HELENA Um dos problemas desse modelo é a ausência de concorrência entre as faculdades particulares, prática que poderia contribuir para a melhora do ensino. Quando você estabelece o financiamento público para o aluno, as instituições têm de conquistá-lo e precisam ter qualidade. No limite, ele pode mudar de faculdade, levando o financiamento consigo. No Brasil, não. O estudante é que fica vinculado a quem detém o dinheiro repassado pelo governo, sem opção de escolha.

As medidas propostas pela União no começo deste ano alteram essa estrutura?
HELENA Não. O financiamento continua indo para as instituições, mas há uma tentativa da União de alterar as regras e retomar o controle do Fies, colocando exigências que freiam essa expansão realizada às custas do dinheiro público.

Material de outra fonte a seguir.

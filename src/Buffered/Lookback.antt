-- ===== src/Buffered/Lookback.antt =====
-- src/buffered.rs: the bytes behind the reader, and seeks back to them.
use oxideav_source.Prelude.{
  ℕ, ◌+◌, ◌-◌, ◌≤◌, ◌<◌, min, ◌≡◌, refl, inl, inr, Bool, true, false, ◌&&◌, arith, Bytes, length,
  u64_mod, add_u64, add_u64-eq-add, ltb, leb, Bool-cases, if-cases, Result, IoError,
}
use oxideav_source.Buffered.Ring.{RingState, rear, discard}
use oxideav_source.Buffered.Reader.{Round, returns, hit, seek_to}
use oxideav_source.Buffered.Invariant.{
  RingOk, PosOk, discard-RingOk, discard-Drained, discard_start, ring_end-lt,
}

module _ (Raises : IoError → Type 0) (c : Bytes) (short : length c < u64_mod) where
  inside-same :
      (st : RingState)
      → RingOk Raises c st
      → (t : ℕ) → st.ring_start ≤ t
      → t ≤ st.ring_start + length st.buf
      → seek_to t st ≡ (st, false)
  unfolding seek_to
  inside-same st h t lo hi =
      let no_wrap =
        add_u64-eq-add st.ring_start (length st.buf)
          (omega (arith, ring_end-lt Raises c short st h)) in
      if-cases (λ (m : RingState × Bool). m ≡ (st, false))
        (leb st.ring_start t && leb t (add_u64 st.ring_start (length st.buf))) (λ _. refl)
        (λ out. absurd (ground (arith, no_wrap)))

  -- A read that returned leaves, of what the ring held, the `rear` bytes behind its new position.
  pub data Keeps (st : RingState) : Round → Type 0 where
    keeps :
        (r : Result IoError Bytes) (q : ℕ) (st' : RingState) (b : Bool)
        → ((t : ℕ) → st.ring_start ≤ t → q - rear st ≤ t → t ≤ q → seek_to t st' ≡ (st', false))
        → Keeps st (returns r q st' b)

  -- On a ring and a position in the invariants for a content of less than 2 ^ 64 bytes, where a
  -- read finds bytes in the ring, every later position up to the new one that the ring held before
  -- and that is at most `rear` bytes behind the new one is still found: a seek to it changes
  -- nothing in the ring.
  pub hit-Keeps :
      (wrap n p : ℕ) (st : RingState)
      → RingOk Raises c st
      → PosOk Raises c st p
      → p - st.ring_start < length st.buf
      → Keeps st (hit wrap n p st)
  unfolding hit
  hit-Keeps wrap n p st h at inside = elim (Bool-cases (ltb (rear st) (rel + k))) [
    | inl far ↦
        let le : rel + k - rear st ≤ length st.buf = ground arith in
        let d = discard-Drained Raises c short st h (rel + k - rear st) le in
        let from = discard_start Raises c short st h (rel + k - rear st) le in
        rw far (
          keeps _ _ _ true (λ t lo near hi.
            inside-same (discard (rel + k - rear st) st)
              (discard-RingOk Raises c short st h (rel + k - rear st) le) t
              (ground (arith, next, from)) (omega (arith, d.same_end, next, at.lower))))
    | inr near ↦
        rw near (
          keeps _ _ _ false (λ t lo near hi. inside-same st h t lo (omega (arith, next, at.lower))))
  ]
    where
      rel : ℕ
      rel = p - st.ring_start

      k : ℕ
      k = min (length st.buf - rel) n

      next : add_u64 p k ≡ p + k
      next = add_u64-eq-add p k (omega (arith, ring_end-lt Raises c short st h, at.lower))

Quais foram essas exigências?
HELENA Uma das mudanças propostas é o controle dos reajustes nas mensalidades das universidades e faculdades particulares. Fiz um levantamento e os preços, que até 2010 estavam decrescendo porque havia uma grande oferta de cursos e as instituições disputavam alunos, passaram a subir consideravelmente, onerando mais os cofres públicos. Agora, o governo exige que os valores só possam ser reajustados no nível da inflação. Outro ponto importante é a definição de uma nota mínima no Enem para a adesão ao programa, como já acontece com o Prouni. Trata-se de uma alteração imensa porque hoje o Fies funciona muito para pessoas mais velhas, que já estão no mercado de trabalho e têm, no Ensino Superior, uma possibilidade de encontrar um emprego melhor. Essa população muitas vezes não está suficientemente preparada para alcançar uma pontuação razoável no exame, ficando de fora.

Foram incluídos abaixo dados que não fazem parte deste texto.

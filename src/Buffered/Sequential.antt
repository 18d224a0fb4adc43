-- ===== src/Buffered/Sequential.antt =====
-- src/buffered.rs: where the worker runs only while the reader waits and no wait times out, a
-- `BufferedSource` is a source like any other.
use oxideav_source.Prelude.{
  ℕ, zero, suc, ◌≤◌, ◌<◌, ◌≡◌, refl, sym, ◌∙◌, ap, subst, [], Option, none, some, arith, Bytes,
  length, u64_mod, ◌==◌, if◌then◌else◌, if-cases, Result, ok, err, IoError, ErrorKind, io_error,
}
use oxideav_source.Source.{
  SeekFrom, Source, IsSource, Reads, got, failed, Seeks, moved, refused, target, Run,
}
use oxideav_source.Buffered.System.{
  idle, System, Event, seeks, call_seek, wake_reader, IsU64, seek_at, seek,
}
use oxideav_source.Buffered.Rounds.{Returned, bytes, device, late}
use oxideav_source.Buffered.Reader.{timed_out, new_pos, seek_to}
use oxideav_source.Buffered.Seeking.{seek-Stepped}
use oxideav_source.Buffered.Contract.{SystemOk, Behaves}
use oxideav_source.Buffered.Waking.{IsUninterrupted}
use oxideav_source.Buffered.Prompt.{Clean}
use oxideav_source.Buffered.Blocking.{blocking_read}
use oxideav_source.Buffered.Completing.{Completes, completed, blocking_read-Completes}

module _ {S : Type 0} (src : Source S) (wrap : ℕ) where
  -- A read that never comes back would be an error here; there is none.
  abbrev pub came_back :
      System S → Option (Result IoError Bytes × System S) → Result IoError Bytes × System S
  came_back s none = (err (io_error (ErrorKind.other 0) "the read does not come back"), s)
  came_back s (some out) = out

  unfoldable pub read_now : ℕ → Run IoError (System S) Bytes
  unfolding blocking_read
  read_now n s = if n == 0 then (ok [], s) else came_back s (blocking_read src wrap n s)

  abbrev pub sought : Event × System S → Result IoError ℕ × System S
  sought (seeks from r, t) = (r, t)
  sought (_, t) = (err (io_error (ErrorKind.other 0) "no seek"), t)

  unfoldable pub seek_now : SeekFrom → Run IoError (System S) ℕ
  unfolding seek
  seek_now from s = sought (seek from s)

  unfoldable pub sequential : Source (System S)
  unfolding read_now seek_now
  sequential = record { read = read_now; seek = seek_now }

  module _ (Serves : S → Bytes → ℕ → Type 0) (Raises : IoError → Type 0)
      (law : IsSource src Serves Raises) (smooth : IsUninterrupted Raises) where
    -- Between two calls, in the invariants.
    pub record Rests (s : System S) (c : Bytes) (p : ℕ) : Type 0 where
      pub ok_system : SystemOk Serves Raises c s
      pub resting : s.reader ≡ idle
      pub position : s.pos ≡ p
      pub short : length c < u64_mod

    some_read : {c p : ℕ} (k : ℕ) → (k ≡ 0 → c ≤ p) → p < c → 0 < k
    some_read zero ended inside = absurd (omega (arith, ended refl))
    some_read (suc k) ended inside = omega arith

    returned-Reads :
        (c : Bytes) (p n : ℕ) (r : Result IoError Bytes) (t : System S) (q : ℕ)
        → length c < u64_mod
        → t.pos ≡ q
        → Returned Raises c n p r q
        → Clean Raises r
        → t.reader ≡ idle
        → SystemOk Serves Raises c t
        → Reads Rests Raises c p n (r, t)
    returned-Reads c p n _ t q short at (bytes k _ s le left ended same there) clean rest h =
        subst (λ b. Reads Rests Raises c p n (ok b, t)) (sym same)
          (got k t le left (λ a b. some_read k (ended) b)
            (record { ok_system = h; resting = rest; position = at ∙ there; short = short }))
    returned-Reads c p n _ t q short at (device e r) clean rest h =
        failed e t r (record { ok_system = h; resting = rest; position = at; short = short })
    returned-Reads c p n _ t q short at late clean rest h =
        failed timed_out t clean
          (record { ok_system = h; resting = rest; position = at; short = short })

    came_back-Reads :
        (s : System S) (c : Bytes) (n : ℕ) (positive : 0 < n) (short : length c < u64_mod)
        (out : Option (Result IoError Bytes × System S))
        → Completes src Serves Raises law c short wrap n positive s.pos out
        → Reads Rests Raises c s.pos n (came_back s out)
    came_back-Reads s c n positive short _ (completed r t x clean rest h) =
        returned-Reads c s.pos n r t t.pos short refl x clean rest h

    read_now-Reads :
        (s : System S) (c : Bytes) (n : ℕ)
        → SystemOk Serves Raises c s
        → s.reader ≡ idle
        → length c < u64_mod
        → Reads Rests Raises c s.pos n (read_now n s)
    unfolding read_now
    read_now-Reads s c n h rest short =
        if-cases (Reads Rests Raises c s.pos n) (n == 0)
          (λ e.
            got 0 s (omega arith) (omega arith) (λ a _. absurd (ground arith))
              (record { ok_system = h; resting = rest; position = omega arith; short = short }))
          (λ e.
            let positive : 0 < n = ground arith in
            came_back-Reads s c n positive short (blocking_read src wrap n s) (
              blocking_read-Completes src Serves Raises law c short wrap n positive smooth s h
                rest))

    sought-Seeks :
        (c : Bytes) (p : ℕ) (from : SeekFrom) (e : Event) (t : System S) (r : Result IoError ℕ)
        → length c < u64_mod
        → SystemOk Serves Raises c t
        → t.reader ≡ idle
        → e ≡ seeks from r
        → Behaves Raises c p e t.pos
        → Seeks Rests Raises c p from (r, t)
    sought-Seeks c p from e t r short h rest same b = go e t.pos refl same b
      where
        stands : (q : ℕ) → t.pos ≡ q → Rests t c q
        stands q at = record { ok_system = h; resting = rest; position = at; short = short }

        go :
            (e : Event) (q : ℕ)
            → t.pos ≡ q
            → e ≡ seeks from r
            → Behaves Raises c p e q
            → Seeks Rests Raises c p from (r, t)
        go _ q at same Behaves.silent = absurd (cc)
        go _ q at same Behaves.dropping = absurd (cc)
        go _ q at same Behaves.empty_buffer = absurd (cc)
        go _ q at same (Behaves.answered _ _ _ _) = absurd (cc)
        go _ q at same (Behaves.moved from' _ there) =
            let to : ok q ≡ r = cc in
            let as_asked : from' ≡ from = cc in
            subst (λ r. Seeks Rests Raises c p from (r, t)) to
              (moved q t (subst (λ f. target (length c) p f ≡ some q) as_asked there) (stands q at))
        go _ q at same (Behaves.refused from' m there) =
            let to : err (io_error ErrorKind.invalid_input m) ≡ r = cc in
            let as_asked : from' ≡ from = cc in
            subst (λ r. Seeks Rests Raises c p from (r, t)) to
              (refused m t (subst (λ f. target (length c) p f ≡ none) as_asked there) (stands q at))

    -- The reader stays idle, and the event is that of the seek.
    seek_at-quiet :
        (from : SeekFrom) (r : Result IoError ℕ) (s : System S)
        → s.reader ≡ idle
        → ((seek_at from r s).0 ≡ seeks from r) × ((seek_at from r s).1.reader ≡ idle)
    unfolding seek_at
    seek_at-quiet from (err e) s rest = (refl, rest)
    seek_at-quiet from (ok q) s rest =
        (refl, subst (λ x. wake_reader (seek_to q s.ring).1 x ≡ idle) (sym rest) refl)

    sought_lem :
        (from : SeekFrom) (r : Result IoError ℕ) (x : Event × System S)
        → x.0 ≡ seeks from r
        → sought x ≡ (r, x.1)
    sought_lem from r (seeks f q, t) e = let same : q ≡ r = cc in ap (λ q. (q, t)) same
    sought_lem from r (Event.nothing, t) e = absurd (cc)
    sought_lem from r (Event.drops, t) e = absurd (cc)
    sought_lem from r (Event.reads _ _, t) e = absurd (cc)

    seek_now-Seeks :
        (s : System S) (c : Bytes) (from : SeekFrom)
        → SystemOk Serves Raises c s
        → s.reader ≡ idle
        → length c < u64_mod
        → IsU64 (call_seek from)
        → Seeks Rests Raises c s.pos from (seek_now from s)
    unfolding seek_now
    seek_now-Seeks s c from h rest short fits =
        let r = new_pos s.ring s.pos from in
        let (e, idle_still) = seek_at-quiet from r s rest in
        let (h', b) = seek-Stepped Serves Raises c short from s h rest fits in
        subst (Seeks Rests Raises c s.pos from) (sym (sought_lem from r (seek_at from r s) e)) (
          sought-Seeks c s.pos from (seek_at from r s).0 (seek_at from r s).1 r short h' idle_still
            e b)

    -- Between two calls, a read and a seek to a `u64` do what a reader of the content does.
    pub sequential-Reads :
        (s : System S) (c : Bytes) (p n : ℕ)
        → Rests s c p
        → Reads Rests Raises c p n (sequential.read n s)
    unfolding sequential
    sequential-Reads s c p n h =
        subst (λ p. Reads Rests Raises c p n (read_now n s)) h.position
          (read_now-Reads s c n h.ok_system h.resting h.short)

    pub sequential-Seeks :
        (s : System S) (c : Bytes) (p : ℕ) (from : SeekFrom)
        → Rests s c p
        → IsU64 (call_seek from)
        → Seeks Rests Raises c p from (sequential.seek from s)
    unfolding sequential
    sequential-Seeks s c p from h fits =
        subst (λ p. Seeks Rests Raises c p from (seek_now from s)) h.position
          (seek_now-Seeks s c from h.ok_system h.resting h.short fits)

Se as mudanças forem implementadas, deve diminuir o número de vagas na rede privada. Isso pode impedir a expansão das matrículas no Ensino Superior proposta no Plano Nacional de Educação (PNE)?
HELENA As mudanças, na verdade, impactam pouco. O gargalo existente no Brasil não está em liberar vagas, mas em garantir a conclusão do Ensino Médio. A meta do PNE fala em ampliar a taxa líquida de matrículas no Superior (aquela que considera apenas os jovens de 18 a 24 anos) dos 20% atuais para 33%. Para tanto, é fundamental aumentar o número de formandos no Médio, é nele que ocorre a maior evasão. Sem uma real mudança aí, é muito difícil atingir a meta.

Uma vez superados os problemas do Ensino Médio, a questão das vagas no Ensino Superior pode se tornar um problema. É possível garantir as matrículas usando exclusivamente a rede pública?
HELENA Existe uma impossibilidade, não só no Brasil mas em outros países, de o Estado arcar com os custos de incluir todos os estudantes entre 18 e 24 anos no Ensino Superior público. Mesmo utilizando os 13,7 bilhões de reais hoje destinados ao Fies, não seria possível construir e manter universidades públicas suficientes para atender à demanda. Não há uma fórmula mágica para resolver essa questão. O financiamento público do estudante em instituições privadas é uma opção. Mas, para que funcione, o Estado tem de exercer o controle e garantir a qualidade do ensino. Para tanto, é fundamental também que os recursos sejam destinados não à instituição, mas a cada estudante, que pode escolher o melhor curso segundo seus critérios de avaliação.